A few years back on July 4th weekend we decided last minute to go float the Guadalupe. We stayed at a packed campground full of tents and campers but it did have electricity. I had a 6 person tent and an older 8,000 BTU(I believe) A/C unit. My other buddies had their small tent as well. All my buddies were laughing and saying that won't work. You talk about envy, when my buddies who didn't have a/c in their tent and mine was ice cold. They Wern't laughing then, lol.

I put that A/C unit on top of a small cooler, opened the front zipper and then closed the zipper as much as I could. I only had about a 8" hole and then I used duct tape and taped a towel to cover the gap. 

At 5pm July 4th after floating the river there was no better feeling than going in to that tent which was easily 64 degrees. It was COLDDDD. It was super easy to do and I have done it multiple times since. Just make sure u stay at a place with electricity. Many campsites do not allow generators.

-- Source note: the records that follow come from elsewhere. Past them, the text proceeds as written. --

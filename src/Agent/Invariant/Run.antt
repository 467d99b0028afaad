-- ===== src/Agent/Invariant/Run.antt =====
-- Every state that an agent comes to is valid, and no loop of an event handler runs out of fuel.
use ns2_te_aomdv.Base.{
  ◌∙◌, ℕ, ◌+◌, ◌≡◌, refl, subst, ◌≢◌, not, Option, none, some, ◌∷◌, arith, Double, ◌≼◌, Outcome,
  done, crash, no_fuel,
}
use ns2_te_aomdv.Packet.{Packet}
use ns2_te_aomdv.Entry.{Entry, is_up}
use ns2_te_aomdv.Table.{rt_lookup, rt_has_active_route}
use ns2_te_aomdv.Queue.{new_queue}
use ns2_te_aomdv.Agent.State.{Env, Agent, when, assert, set_entry, new_agent}
use ns2_te_aomdv.Agent.Ids.{id_purge}
use ns2_te_aomdv.Agent.Send.{send_hello, send_prob}
use ns2_te_aomdv.Agent.Routes.{rt_down}
use ns2_te_aomdv.Agent.Repair.{rt_ll_failed}
use ns2_te_aomdv.Agent.Resolve.{rt_purge}
use ns2_te_aomdv.Agent.Timers.{
  start, broadcast_timer, hello_timer, neighbor_timer, route_cache_timer, probe_timer,
  local_repair_timer, repair_failed, nb_purge,
}
use ns2_te_aomdv.Agent.Run.{
  Event, handle, Reaches, fresh, next, started, received, overheard, broadcast_expired,
  hello_expired, neighbor_expired, cache_expired, probe_expired, trust_expired, repair_expired,
  link_failed,
}
use ns2_te_aomdv.Agent.Invariant.{IsValid, Post, returns, stops, then-Post}
use ns2_te_aomdv.Agent.Invariant.Entries.{rt_down-IsGood, rt_down-dst}
use ns2_te_aomdv.Agent.Invariant.Reception.{recv-Post}
use ns2_te_aomdv.Agent.Invariant.Expiry.{rt_purge-Post}
use ns2_te_aomdv.Agent.Invariant.Timers.{nb_purge-Post}
use ns2_te_aomdv.Agent.Invariant.Rules.{Valid, when-Post, assert-Valid, set_entry-IsValid}
use ns2_te_aomdv.Agent.Invariant.Trust.{tap-Post, trust_timer-Post}

module _ {D : Type 0} ⦃fl : Double D⦄ where
  new_agent-IsValid : (id : ℕ) → IsValid {D = D} (new_agent id)
  unfolding new_agent new_queue
  new_agent-IsValid id = record {
    good = record { entries = tt; unique = tt; sound = tt; once = tt; limit = refl };
    bounded = record { counted = refl; within = omega arith; positive = omega arith };
  }

module _ {D : Type 0} ⦃fl : Double D⦄ (env : Env D) where
  send_hello-Post : (s : Agent D) → IsValid s → Post Valid (send_hello env s)
  unfolding send_hello
  send_hello-Post s v = returns (record { good = v.good; bounded = v.bounded })

  hello_timer-Post : (s : Agent D) → IsValid s → Post Valid (hello_timer env s)
  unfolding hello_timer
  hello_timer-Post s v =
      then-Post (when (rt_has_active_route s.rtable) (send_hello env)) _ s
        (when-Post _ (send_hello env) s v (send_hello-Post s v))
        λ _ s1 v1.
          then-Post (assert (fl.lit 0 1 ≼ _)) _ (record s1 { draws = s1.draws + 1 })
            (assert-Valid _ _ (record { good = v1.good; bounded = v1.bounded }))
            λ _ s2 v2. returns (record { good = v2.good; bounded = v2.bounded })

  broadcast_timer-Post : (s : Agent D) → IsValid s → Post Valid (broadcast_timer env s)
  unfolding broadcast_timer id_purge
  broadcast_timer-Post s v = returns (record { good = v.good; bounded = v.bounded })

  probe_timer-Post : (s : Agent D) → IsValid s → Post Valid (probe_timer env s)
  unfolding probe_timer send_prob
  probe_timer-Post s v = returns (record { good = v.good; bounded = v.bounded })

  neighbor_timer-Post : (s : Agent D) → IsValid s → Post Valid (neighbor_timer env s)
  unfolding neighbor_timer
  neighbor_timer-Post s v =
      then-Post (nb_purge env) _ s (nb_purge-Post env s v)
        λ _ s1 v1. returns (record { good = v1.good; bounded = v1.bounded })

  route_cache_timer-Post : (s : Agent D) → IsValid s → Post Valid (route_cache_timer env s)
  unfolding route_cache_timer
  route_cache_timer-Post s v =
      then-Post (rt_purge env) _ s (rt_purge-Post env s v)
        λ _ s1 v1. returns (record { good = v1.good; bounded = v1.bounded })

  repair_failed-Post :
      (dst : ℕ) (o : Option (Entry D)) (s : Agent D)
      → IsValid s
      → Post Valid (repair_failed env dst o s)
  unfolding repair_failed
  repair_failed-Post dst none s v = returns v
  repair_failed-Post dst (some e) s v =
      when-Post (not (is_up e.flags)) (set_entry dst (rt_down env)) s v (
        returns (
          set_entry-IsValid dst (rt_down env) s
            (λ e g. rt_down-IsGood env e g.counted g.disjoint g.few) (λ e d. rt_down-dst env e ∙ d)
            v))

  local_repair_timer-Post :
      (p : Packet D) (s : Agent D) → IsValid s → Post Valid (local_repair_timer env p s)
  unfolding local_repair_timer
  local_repair_timer-Post p s v =
      then-Post (repair_failed env p.daddr (rt_lookup s.rtable p.daddr)) _ s
        (repair_failed-Post p.daddr _ s v)
        λ _ s1 v1. returns (record { good = v1.good; bounded = v1.bounded })

  pub start-Post : (s : Agent D) → IsValid s → Post Valid (start env s)
  unfolding start
  start-Post s v = then-Post (broadcast_timer env) _ s (broadcast_timer-Post s v) λ _ s1 v1.
      then-Post (hello_timer env) _ s1 (hello_timer-Post s1 v1) λ _ s2 v2.
        then-Post (neighbor_timer env) _ s2 (neighbor_timer-Post s2 v2) λ _ s3 v3.
          then-Post (probe_timer env) _ (record s3 { effects = _ ∷ s3.effects })
            (probe_timer-Post _ (record { good = v3.good; bounded = v3.bounded }))
            λ _ s4 v4. route_cache_timer-Post s4 v4

  rt_ll_failed-Post : (p : Packet D) (s : Agent D) → IsValid s → Post Valid (rt_ll_failed p s)
  unfolding rt_ll_failed
  rt_ll_failed-Post p s v = returns (record { good = v.good; bounded = v.bounded })

  handle-Post : (ev : Event D) (s : Agent D) → IsValid s → Post Valid (handle env ev s)
  unfolding handle
  handle-Post started s v = start-Post s v
  handle-Post (received p) s v = recv-Post env p s v
  handle-Post (overheard p) s v = tap-Post p s v
  handle-Post broadcast_expired s v = broadcast_timer-Post s v
  handle-Post hello_expired s v = hello_timer-Post s v
  handle-Post neighbor_expired s v = neighbor_timer-Post s v
  handle-Post cache_expired s v = route_cache_timer-Post s v
  handle-Post probe_expired s v = probe_timer-Post s v
  handle-Post trust_expired s v = trust_timer-Post env s v
  handle-Post (repair_expired p) s v = local_repair_timer-Post p s v
  handle-Post (link_failed p) s v = rt_ll_failed-Post p s v

module _ {D A : Type 0} {P : A → Agent D → Type 0} where
  Post-done : {o : Outcome (A × Agent D)} (a : A) (s : Agent D) → Post P o → o ≡ done (a, s) → P a s
  Post-done a s (returns {a = b} {s = s'} h) e =
      let same_a : b ≡ a = cc in
      let same_s : s' ≡ s = cc in subst (λ x. P x s) same_a (subst (P b) same_s h)
  Post-done a s (stops n) e = cc

  Post-fuel : {o : Outcome (A × Agent D)} → Post P o → o ≢ crash no_fuel
  Post-fuel (returns h) e = cc
  Post-fuel (stops {e = f} n) e = n cc

module _ {D : Type 0} ⦃fl : Double D⦄ where
  Reaches-IsValid : (id : ℕ) (s : Agent D) → Reaches id s → IsValid s
  Reaches-IsValid id s fresh = new_agent-IsValid id
  Reaches-IsValid id s (next {s = s0} env ev r e) =
      Post-done tt s (handle-Post env ev s0 (Reaches-IsValid id s0 r)) e

  -- In every state that an agent comes to from its construction, by whatever events of `Run`, what it
  -- stores is valid. No destination stands twice in the routing table; every entry counts its paths
  -- right, its paths share no next hop and no last hop, they are at most three, and there is one if the
  -- entry is up. No neighbour stands twice, none has more correct packets than packets, and the records
  -- of its packets stay within their arrays. The length of the queue is right and at most its limit. And
  -- whatever event comes next, its handler ends: it returns, or stops at an assertion or a bad pointer
  -- of the code, but no loop of it runs out of fuel.
  pub reaches_lem :
      (id : ℕ) (s : Agent D) (env : Env D) (ev : Event D)
      → Reaches id s
      → IsValid s × (handle env ev s ≢ crash no_fuel)
  reaches_lem id s env ev r =
      let v = Reaches-IsValid id s r in (v, Post-fuel (handle-Post env ev s v))
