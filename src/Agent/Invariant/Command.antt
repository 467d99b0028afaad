-- ===== src/Agent/Invariant/Command.antt =====
-- The commands of the Tcl interface keep the agent valid.
use ns2_te_aomdv.Base.{ℕ, List, [], ◌∷◌, Double, Outcome, on_done, arith}
use ns2_te_aomdv.Agent.State.{Env, Agent}
use ns2_te_aomdv.Agent.Timers.{start}
use ns2_te_aomdv.Agent.Command.{Simulator, Shell, Status, command, command_2, command_3, tcl_ok}
use ns2_te_aomdv.Agent.Invariant.{IsValid, Post, returns, stops, Gives}
use ns2_te_aomdv.Agent.Invariant.Run.{start-Post}

module _ {D : Type 0} ⦃fl : Double D⦄ (sim : Simulator) (env : Env D) where
  abbrev IsRunning : Status × Shell D → Type 0
  IsRunning r = IsValid r.1.agent

  started-Gives :
      (sh : Shell D) (o : Outcome (Unit {0} × Agent D))
      → Post (λ _. IsValid) o
      → Gives IsRunning (on_done (λ r. (tcl_ok, record sh { agent = r.1 })) o)
  started-Gives sh o (returns v) = v
  started-Gives sh o (stops n) = n

  -- Every command keeps the agent valid, and "start" ends: it returns, or stops at an assertion or a
  -- bad pointer of the code.
  pub command-IsValid :
      (args : List (List ℕ)) (sh : Shell D)
      → IsValid sh.agent
      → Gives IsRunning (command sim env args sh)
  unfolding command command_2 command_3
  command-IsValid [] sh v = v
  command-IsValid (a ∷ []) sh v =
      ground (arith, started-Gives sh (start env sh.agent) (start-Post env sh.agent v))
  command-IsValid (a ∷ b ∷ []) sh v =
      let moved : IsValid (record (sh.agent) { index = sim.atoi b }) = record {
        good = v.good;
        bounded = v.bounded;
      } in
      ground arith
  command-IsValid (a ∷ b ∷ c ∷ args) sh v = v
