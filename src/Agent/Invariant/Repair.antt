-- ===== src/Agent/Invariant/Repair.antt =====
-- The local repair and `forwardReply` keep the agent valid.
use ns2_te_aomdv.Base.{ℕ, true, Option, none, some, ◌&&◌, not, ◌==◌, update_first, Double}
use ns2_te_aomdv.Packet.{Packet, ip_broadcast}
use ns2_te_aomdv.Entry.{Entry, is_up, rtf_in_repair}
use ns2_te_aomdv.Table.{has_dst}
use ns2_te_aomdv.Agent.State.{Env, Agent, M, entry, assert, when, set_entry}
use ns2_te_aomdv.Agent.Request.{send_request}
use ns2_te_aomdv.Agent.Resolve.{buffer}
use ns2_te_aomdv.Agent.Repair.{local_rt_repair, reply_on, forward_reply}
use ns2_te_aomdv.Agent.Invariant.{IsGood, IsValid, Post, returns, then-Post}
use ns2_te_aomdv.Agent.Invariant.Forward.{transmit-Post}
use ns2_te_aomdv.Agent.Invariant.Resolve.{buffer-Post, send_request-Post}
use ns2_te_aomdv.Agent.Invariant.Waiting.{valid-Keeps}
use ns2_te_aomdv.Agent.Invariant.Rules.{
  Valid, stay, if-Post, when-Post, assert-Valid, entry-Valid, set_entry-IsValid, mark_error-IsGood,
}

module _ {D : Type 0} ⦃fl : Double D⦄ (env : Env D) where
  in_repair-IsGood : (e : Entry D) → IsGood e → IsGood (record e { flags = rtf_in_repair })
  in_repair-IsGood e g = record {
    counted = g.counted;
    disjoint = g.disjoint;
    few = g.few;
    live = λ up. cc;
  }

  -- `local_rt_repair` keeps the agent valid: it buffers the packet, asks for a route, and sets the
  -- timer, or stops at an assertion or a bad pointer of the code.
  pub local_rt_repair-Post :
      (dst : ℕ) (p : Packet D) (s : Agent D) → IsValid s → Post Valid (local_rt_repair env dst p s)
  unfolding local_rt_repair
  local_rt_repair-Post dst p s v = then-Post (buffer env p) _ s (buffer-Post env p s v) λ _ s1 v1.
      let s2 : Agent D = record s1 {
        rtable = update_first (has_dst dst) (λ e. record e { flags = rtf_in_repair }) s1.rtable;
      } in
      then-Post (send_request env dst) _ s2
        (send_request-Post env dst s2 (set_entry-IsValid dst _ s1 in_repair-IsGood (λ _ d. d) v1))
        λ _ s3 v3.
          then-Post (entry dst) _ s3 (entry-Valid env dst s3 v3)
            λ e s4 h4. returns (record { good = h4.1.good; bounded = h4.1.bounded })

  reply_on-Post :
      (rt : Option ℕ) (p : Packet D) (s : Agent D) → IsValid s → Post Valid (reply_on env rt p s)
  unfolding reply_on
  reply_on-Post none p s v =
      then-Post (assert (p.daddr == ip_broadcast)) _ s (assert-Valid _ s v) λ _ s1 v1. returns v1
  reply_on-Post (some dst) p s v = then-Post (entry dst) _ s (entry-Valid env dst s v) λ e s1 h1.
      then-Post (assert (is_up e.flags)) _ s1 (assert-Valid _ s1 h1.1) λ _ s2 v2.
        let mark : M D (Unit {0}) = set_entry dst λ e. record e { error = true } in
        then-Post (when (not (p.saddr == s2.index) && env.is_data p.ptype) mark) _ s2
          (when-Post _ mark s2 v2
            (returns (set_entry-IsValid dst _ s2 mark_error-IsGood (λ _ d. d) v2)))
          λ _ s3 v3. returns v3

  -- `forwardReply` keeps the agent valid, on every branch.
  pub forward_reply-Post :
      (rt : Option ℕ) (p : Packet D) (delay : D) (s : Agent D)
      → IsValid s
      → Post Valid (forward_reply env rt p delay s)
  unfolding forward_reply
  forward_reply-Post rt p delay s v =
      if-Post Valid (p.ttl == 0) _ _ s (returns (record { good = v.good; bounded = v.bounded })) (
        then-Post (reply_on env rt p) _ s (reply_on-Post rt p s v)
          λ p1 s1 v1. stay s1 v1 (transmit-Post env s1.rqueue rt delay p1 s1 (valid-Keeps s1 v1)))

A/C also acts as a very useful resource during hurricane season in the event you lose power. 

Sent from my DROIDX using Tapatalk 2


----------



## Bob Keyes

*Yall sure doin' it the hard way*

Just leave the Yeti open you could ski by morning in the tent:bounce:


----------



## jjordan

Here's a cheaper idea that works pretty well. 54 qt igloo, small 5-6 " diameter fan, a few pieces of 5" duct pieces. Cut a hole on one side of lid the fan sits in. Cut hole on other side of lid for duct work to stick out of. At night fill cooler full of ice, turn fan on. The fan blows air into cooler, the air blowing onto ice cools and comes out the duct work. Works pretty good. Camping in July and the tent will be 15 degrees cooler than outside.you can get a visual of the idea on you tube. Search homemade a/c


----------



## iridered2003

jjordan said:


> Here's a cheaper idea that works pretty well. 54 qt igloo, small 5-6 " diameter fan, a few pieces of 5" duct pieces. Cut a hole on one side of lid the fan sits in. Cut hole on other side of lid for duct work to stick out of. At night fill cooler full of ice, turn fan on. The fan blows air into cooler, the air blowing onto ice cools and comes out the duct work. Works pretty good. Camping in July and the tent will be 15 degrees cooler than outside.you can get a visual of the idea on you tube. Search homemade a/c


wonder how long it will last????? all night? 3 or 4 hours? I like that.


----------



## jjordan

Bags of ice in a 54qt igloo in 90degree weather last 3-4 hrs. Frozen 2liters with a few bags of ice in same weather will last 7-8 hrs


----------



## madbayrunner

a/c for a tent? maybe don't go camping. JHC
summer may not be your thing


----------



## printman

There is nothing wrong with tent with a/c. Just makes it nice at night when you lay down. You can pack like this and go camp in comfort.


----------



## printman

Back before campers and motorhomes I used to go all summer with tent a/c. I had a great night sleep bundled up in summer heat.


----------



## huntnetime

Just saw this on youtube...pretty neat idea...


----------



## iridered2003

printman,NICE! 2's better then one any day of the week


----------



## Jamessims

Just fill up a few 5 gallon buckets and freeze a couple and boom good to go

Sent from my iPhone using Tapatalk


----------



## sea hunt 202

heck yeah keeps those smells down


----------



## ninner

We went down that road before buying an RV, the setup that worked the best was a 12k btu portable ac with a drain line run far away from the tent, the air in the tent doesn't dry out very well and the ac unit puts off several gallons of water. One night before switching to the hose drain we woke up with a tent full of ice cold water. Also you need to seal the exhaust line and cover the roof vents if your tent has them. A 12k unit can freeze your *** off in a fairly large tent.


----------



## peckerwood

I wonder what our friends up north think of this thread?


----------



## sea hunt 202

who cares what they thing


----------



## Fearless

mas360 said:


> Sorry, I accidentally deleted the pictures.
> Here they are.
> 
> LOL!


LOL, now that's funny. Anyone that goes camping in Texas in the summer needs help.


----------



## peckerwood

There's been many nights trying to sleep in a tent on Red River when it's still 95 degrees at midnight that I would've paid real big money to get in that tent.The sound of it running and 60 degrees after drinking beer all day and burning up fishing,I'd go into a coma.


----------



## Chasinit69

peckerwood said:


> There's been many nights trying to sleep in a tent on Red River when it's still 95 degrees at midnight that I would've paid real big money to get in that tent.The sound of it running and 60 degrees after drinking beer all day and burning up fishing,I'd go into a coma.


 X2


----------



## mikeloveslife

if you need ac in your tent , you're camping during the wrong season..


----------



## iridered2003

mikeloveslife said:


> if you need ac in your tent , you're camping during the wrong season..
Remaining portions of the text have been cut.